Insect olfactory transduction also differs from mammalian: insect ORs are ligand-gated cation channels, NOT GPCRs (Sato 2008). The complex of a tuning OR + the universal co-receptor Orco forms the channel directly — ultra-fast (<1 ms) detection without the GPCR-cAMP cascade. This molecular speed is why insects can localise pheromone plumes turbulently rather than chemo-tactically as mammals do.

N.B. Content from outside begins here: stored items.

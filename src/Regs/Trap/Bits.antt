-- ===== src/Regs/Trap/Bits.antt =====
-- The updates of `mstatus` in the trap functions, bit by bit.
use space_emu.Base.{ℕ, ◌+◌, ◌-◌, ◌<◌, ◌≡◌, refl, arith, bit_and, ◌&&◌, ◌||◌}
use space_emu.Base.{sym, zero, suc, ltb, ◌==◌, ◌∙◌, not}
use space_emu.Base.Word.{lnot, ◌>>>◌, ◌<<<◌}
use space_emu.Base.Bits.{has_bit, has_bit-bit_and, has_bit-lnot, has_bit-shl, has_bit-shr}
use space_emu.Base.Bits.{has_bit_above, has_bit_zero, has_bit-one, shift_and_one, eq_of_bits}
use space_emu.Base.Bits.{bit_and_mask}

-- Bit `j` of a word, moved to place `k`.
pub has_bit-flag : (a j k i : ℕ) → has_bit (bit_and (a >>> j) 1 <<< k) i ≡ has_bit a j && i == k
has_bit-flag a j k i = ground (
  arith,
  shift_and_one a j,
  has_bit-shl k (bit_and (a >>> j) 1) i,
  has_bit-one (i - k),
  has_bit_zero (i - k),
)

-- The bits of a number below 4.
two_digits : (p j : ℕ) → p < 4 → has_bit p j ≡ (j == 0 && has_bit p 0) || (j == 1 && has_bit p 1)
two_digits p zero h = ground arith
two_digits p (suc zero) h = ground arith
two_digits p (suc (suc j)) h = ground (arith, has_bit_above 2 p (suc (suc j)) h (omega arith))

-- A two-bit field at place `k`.
pub has_bit-field :
    (p k i : ℕ)
    → p < 4
    → has_bit (p <<< k) i ≡ (i == k && has_bit p 0) || (i == k + 1 && has_bit p 1)
has_bit-field p k i h = ground (arith, has_bit-shl k p i, two_digits p (i - k) h)

pub three : (i : ℕ) → has_bit 3 i ≡ ltb i 2
unfolding has_bit
three zero = refl
three (suc zero) = refl
three (suc (suc i)) = has_bit_zero i ∙ ground arith

-- The word with the bits of `mask` cleared, cut to 64 bits.
pub has_bit-clear :
    (a mask i : ℕ)
    → has_bit (bit_and a (lnot 64 mask)) i ≡ ltb i 64 && (has_bit a i && not (has_bit mask i))
has_bit-clear a mask i = ground (arith, has_bit-bit_and a (lnot 64 mask) i, has_bit-lnot 64 mask i)

-- A two-bit field of a word is read by its two bits.
pub two_bits :
    (a k p : ℕ)
    → p < 4
    → has_bit a k ≡ has_bit p 0
    → has_bit a (k + 1) ≡ has_bit p 1
    → bit_and (a >>> k) 3 ≡ p
two_bits a k p h e f = eq_of_bits _ _ (go k e f)
  where
    go :
        (k : ℕ)
        → has_bit a k ≡ has_bit p 0
        → has_bit a (k + 1) ≡ has_bit p 1
        → (i : ℕ) → has_bit (bit_and (a >>> k) 3) i ≡ has_bit p i
    go k e f zero = ground (arith, has_bit-bit_and (a >>> k) 3 0, has_bit-shr k a 0, three 0)
    go k e f (suc zero) = ground (arith, has_bit-bit_and (a >>> k) 3 1, has_bit-shr k a 1, three 1)
    go k e f (suc (suc i)) = ground (
      arith,
      has_bit-bit_and (a >>> k) 3 (suc (suc i)),
      three (suc (suc i)),
      has_bit_above 2 p (suc (suc i)) h (omega arith),
    )

-- The bits of a two-bit field.
pub two_bits_of :
    (a k : ℕ)
    → (has_bit (bit_and (a >>> k) 3) 0 ≡ has_bit a k)
      × (has_bit (bit_and (a >>> k) 3) 1 ≡ has_bit a (k + 1))
      × (bit_and (a >>> k) 3 < 4)
two_bits_of a k = (
  ground (arith, has_bit-bit_and (a >>> k) 3 0, has_bit-shr k a 0, three 0),
  ground (arith, has_bit-bit_and (a >>> k) 3 1, has_bit-shr k a 1, three 1),
  omega (arith, bit_and_mask 2 (a >>> k)),
)

-- Words that agree on two bits agree on the field.
pub two_bits_same :
    (a b k : ℕ)
    → has_bit a k ≡ has_bit b k
    → has_bit a (k + 1) ≡ has_bit b (k + 1)
    → bit_and (a >>> k) 3 ≡ bit_and (b >>> k) 3
two_bits_same a b k e f =
    let (low, high, small) = two_bits_of b k in
    two_bits a k (bit_and (b >>> k) 3) small (e ∙ sym low) (f ∙ sym high)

7. Cuticular Hydrocarbons (CHCs): Species & Sex ID

Insect surface lipids are species-specific blends of long-chain alkanes (C₂₃–C₃₃), methyl-branched alkanes, and unsaturated alkenes. They serve as desiccation barriers and short-range chemical signals. Each Drosophila species has a CHC fingerprint detectable by GC-MS; the speciation literature (Coyne, Kyriacou) uses CHCs as one of the primary reproductive isolation phenotypes. The biosynthetic enzymes (elongases, desaturases, OXSC reductases) are encoded in clustered loci that evolve rapidly under sexual selection.